Inside these 8×8 monster trucks, it’s pretty comfortable but you do need to use seatbelts as it can be a little bumpy.
For the driver, it’s apparently an even bumpier ride. From within his cabin, he can monitor the pressure in the tyres via an app, and adjust the level of inflation to suit the changing terrain that he finds himself driving over.
The truck took us to a location that is 1,260 metres above sea level. On the journey, we were accompanied by two English-speaking Icelandic guides who shared their knowledge on what defines a glacier and how it is that glaciers are formed. We learnt that there are 300 glaciers in Iceland (200 of which are at Vatnajökull alone) and around 7 or 8 ice masses.
The guides had quite a dry sense of humour – something we encountered on a number of our tours – and told us, as we ventured on to the ice, about how there were three different animals to look out – the Arctic fox, ptarmigans and middle-aged men who get stuck on snowmobiles and need rescuing.
But there are serious messages also as we pass yet more markers that show how much the glacier has retreated every 20 years – apparently more than 100 metres since 2019 alone. We are further reminded of the climate change message when we hear that, close to Langjökull used to stand Okjökull, a glacier that was declared dead in 2019. They even had a funeral for it – you may have heard about it in the news.
With our journey complete, it was time to enter the glacier. As you can see, it looks rather underwhelming from the outside. However, all that changes once inside.
The first part of the tunnel is quite dark and re-enforced with a large cylindrical metal structure.
Once properly inside, you head down into a network of LED-lit tunnels measuring 550 metres long and up to 40 metres below the ice surface.
Quite early on, you stop to put on crampons. These are easy to put over your shoes – you simply fit them at the front and then stretch them underneath your shoe until they can be affixed to your heel… and then you are good to go! It just gives you a little more grip as you wander around the tunnels.
Walking further still, we reached a sign where we stopped for photographs and learned more from our guides.
As we continued to explore the tunnel, there are places where it really is quite wet – dripping down from above as well as underfoot. If you’re visiting during Winter, this will be less of an issue of course, but you may need to wrap up more!
A small off-shoot to the main tunnel takes you to a small chapel, complete with seating area. Who knew that you could get married under a glacier?!
Look carefully at the ice and you will see trapped bubbles of ice. Within the chapel, there are some clusters of bubbles that have taken on some rather fun formations. One that is said to look like a fish…
…and another that, if you tilt your head enough, shows a smiley face.
There’s also an area on the tour where you can see a crevasse from below, where ice is quite dirty because of the accumulation of debris within the crevasse.
You’ll rely mostly on your guides to learn about the glacier on the tour, but there one or two signs giving some pictorial insights into the glacier’s past and future.
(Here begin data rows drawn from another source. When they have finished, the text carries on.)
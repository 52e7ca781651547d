-- ===== src/Auth/State/Bounds.antt =====
-- How many nonces app/auth/state.py holds.
use sre_tab.Common.{
  ltb, leb, if◌then◌else◌, Bool-cases, length, Text, split, text_eq, nat_eq, eq_refl, exists_row,
  delete_rows, count_rows, count_rows-delete_rows, upsert, ℕ, suc, ◌+◌, ◌-◌, ◌*◌, ◌/◌, ◌≤◌, ◌<◌,
  ◌≡◌, refl, ap, ◌⊎◌, inl, inr, Bool, true, false, Option, none, some, List, [], ◌∷◌, ◌++◌, arith,
}
use sre_tab.Models.{second}
use sre_tab.Auth.Tokens.{Crypto, compare_secret}
use sre_tab.Auth.State.{
  max_outstanding, Outstanding, is_nonce, purge, oldest_from, drop_oldest, make_room, issue, redeem,
  redeem_unexpired, consume_parts, consume, Call, issued, consumed, was_reset, after_call,
  after_calls, dot, sign, read_expiry,
}

delete_rows_le : (p : Text × ℕ → Bool) (xs : Outstanding) → length (delete_rows p xs) ≤ length xs
delete_rows_le p xs = omega (arith, count_rows-delete_rows p xs)

exists_row-count_rows :
    (p : Text × ℕ → Bool) (xs : Outstanding) → exists_row p xs ≡ true → 1 ≤ count_rows p xs
unfolding exists_row count_rows
exists_row-count_rows p [] h = absurd (ground (arith, h))
exists_row-count_rows p (x ∷ xs) h = ground (arith, h, exists_row-count_rows p xs)

exists_row_pick :
    (p : Text × ℕ → Bool) (best x pick : Text × ℕ) (xs : Outstanding)
    → (pick ≡ x) ⊎ (pick ≡ best)
    → exists_row p (pick ∷ xs) ≡ true
    → exists_row p (best ∷ x ∷ xs) ≡ true
unfolding exists_row
exists_row_pick p best x pick xs (inl e) h = ground (arith, ap p e, h)
exists_row_pick p best x pick xs (inr e) h = ground (arith, ap p e, h)

either : (b : Bool) (x y : Text × ℕ) → ((if b then x else y) ≡ x) ⊎ ((if b then x else y) ≡ y)
either true x y = inl refl
either false x y = inr refl

-- The oldest entry is one of the entries.
oldest_there :
    (best : Text × ℕ) (xs : Outstanding)
    → exists_row (is_nonce (oldest_from best xs).0) (best ∷ xs) ≡ true
unfolding oldest_from
oldest_there best [] = unfold exists_row in rw (eq_refl {K = Text} best.0) refl
oldest_there best (x ∷ xs) =
    let pick = if ltb x.1 best.1 then x else best in
    exists_row_pick (is_nonce (oldest_from pick xs).0) best x pick xs
      (either (ltb x.1 best.1) x best) (oldest_there pick xs)

length-drop_oldest : (xs : Outstanding) → length (drop_oldest xs) ≤ length xs - 1
unfolding drop_oldest
length-drop_oldest [] = omega arith
length-drop_oldest (x ∷ xs) = omega (
  arith,
  exists_row-count_rows (is_nonce (oldest_from x xs).0) (x ∷ xs) (oldest_there x xs),
  count_rows-delete_rows (is_nonce (oldest_from x xs).0) (x ∷ xs),
)

length-make_room :
    (xs : Outstanding) → length xs ≤ max_outstanding → length (make_room xs) < max_outstanding
unfolding make_room
length-make_room xs h = elim (Bool-cases (leb max_outstanding (length xs))) [
  | inl full ↦ rw full (omega (arith, length-drop_oldest xs, h))
  | inr room ↦ rw room (ground (arith, room))
]

length-upsert :
    (p : Text × ℕ → Bool) (row : Text × ℕ) (change : Text × ℕ → Text × ℕ) (xs : Outstanding)
    → length (upsert p row change xs) ≤ suc (length xs)
unfolding upsert
length-upsert p row change [] = omega arith
length-upsert p row change (x ∷ xs) = ground (arith, length-upsert p row change xs)

length-issue :
    (crypto : Crypto) (ttl : ℕ) (secret nonce : Text) (now later : ℕ) (xs : Outstanding)
    → length xs ≤ max_outstanding
    → length (issue crypto ttl secret nonce now later xs).0 ≤ max_outstanding
unfolding issue purge
length-issue crypto ttl secret nonce now later xs h =
    let room : length (make_room (purge later xs)) < max_outstanding =
      length-make_room (purge later xs) (
        unfold purge in
        omega (arith, delete_rows_le (λ entry. leb (entry.1 * second) later) xs, h)) in
    omega (
      arith,
      length-upsert (is_nonce nonce) (nonce, now / second + ttl)
          (λ entry. (nonce, now / second + ttl)) (make_room (purge later xs)),
      room,
    )

-- What a call of `consume` leaves: the dictionary, or what a purge leaves of it without a nonce.
pub data Left (later : ℕ) (xs : Outstanding) : Outstanding → Type 0 where
  untouched : Left later xs xs
  without : (nonce : Text) → Left later xs (delete_rows (is_nonce nonce) (purge later xs))

redeem_unexpired-Left :
    (now later : ℕ) (nonce : Text) (expiry : Option ℕ) (xs : Outstanding)
    → Left later xs (redeem_unexpired now later nonce expiry xs).0
unfolding redeem_unexpired redeem
redeem_unexpired-Left now later nonce none xs = untouched
redeem_unexpired-Left now later nonce (some n) xs = elim (Bool-cases (leb (n * second) now)) [
  | inl past ↦ rw past untouched
  | inr future ↦ rw future (without nonce)
]

consume_parts-Left :
    (crypto : Crypto) (secret : Text) (now later : ℕ) (parts : List Text) (xs : Outstanding)
    → Left later xs (consume_parts crypto secret now later parts xs).0
unfolding consume_parts
consume_parts-Left crypto secret now later [] xs = untouched
consume_parts-Left crypto secret now later (a ∷ []) xs = untouched
consume_parts-Left crypto secret now later (a ∷ b ∷ []) xs = untouched
consume_parts-Left crypto secret now later (a ∷ b ∷ c ∷ d ∷ parts) xs = untouched
consume_parts-Left crypto secret now later (nonce ∷ raw ∷ signature ∷ []) xs =
    elim (Bool-cases (compare_secret signature (sign crypto (nonce ++ dot ∷ raw) secret))) [
      | inl signed ↦ rw signed (redeem_unexpired-Left now later nonce (read_expiry raw) xs)
      | inr forged ↦ rw forged untouched
    ]

pub consume-Left :
    (crypto : Crypto) (secret : Text) (now later : ℕ) (token : Text) (xs : Outstanding)
    → Left later xs (consume crypto secret now later token xs).0
unfolding consume
consume-Left crypto secret now later token xs =
    consume_parts-Left crypto secret now later (split dot token) xs

length-Left : (later : ℕ) (xs ys : Outstanding) → Left later xs ys → length ys ≤ length xs
length-Left later xs _ untouched = omega arith
length-Left later xs _ (without nonce) =
    unfold purge in
    omega (
      arith,
      delete_rows_le (is_nonce nonce) (delete_rows (λ entry. leb (entry.1 * second) later) xs),
      delete_rows_le (λ entry. leb (entry.1 * second) later) xs,
    )

length-after_call :
    (crypto : Crypto) (ttl : ℕ) (secret : Text) (call : Call) (xs : Outstanding)
    → length xs ≤ max_outstanding
    → length (after_call crypto ttl secret call xs) ≤ max_outstanding
unfolding after_call
length-after_call crypto ttl secret (issued nonce now later) xs h =
    length-issue crypto ttl secret nonce now later xs h
length-after_call crypto ttl secret (consumed token now later) xs h =
    omega (arith, h, length-Left later xs _ (consume-Left crypto secret now later token xs))
length-after_call crypto ttl secret was_reset xs h = omega arith

-- However many sign-ins are begun, and whatever else is called, the store never holds more than the
-- cap of nonces.
pub after_calls_bounded :
    (crypto : Crypto) (ttl : ℕ) (secret : Text) (calls : List Call) (xs : Outstanding)
    → length xs ≤ max_outstanding
    → length (after_calls crypto ttl secret calls xs) ≤ max_outstanding
unfolding after_calls
after_calls_bounded crypto ttl secret [] xs h = h
after_calls_bounded crypto ttl secret (call ∷ calls) xs h =
    after_calls_bounded crypto ttl secret calls (after_call crypto ttl secret call xs)
      (length-after_call crypto ttl secret call xs h)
Apparently, when the tunnels were first created, two separate tunnels were created and the idea was that they would join to create a circle. Their calculations didn’t quite work, and they ended up creating more of a heart shape instead!
Would we recommend Into the Glacier? Most definitely, yes! Not only is it a really unique experience, but it was fun and entertaining for all of our family, as well as interesting and educational. Although the entire experience from arriving at basecamp to returning is around 3-4 hours, you are only walking in the tunnels for about one hour of that time, so this is well within the capabilities of most younger children also.
The following Google Map shows the meeting point in Húsafell, which is where you’d meet if visiting in the Winter.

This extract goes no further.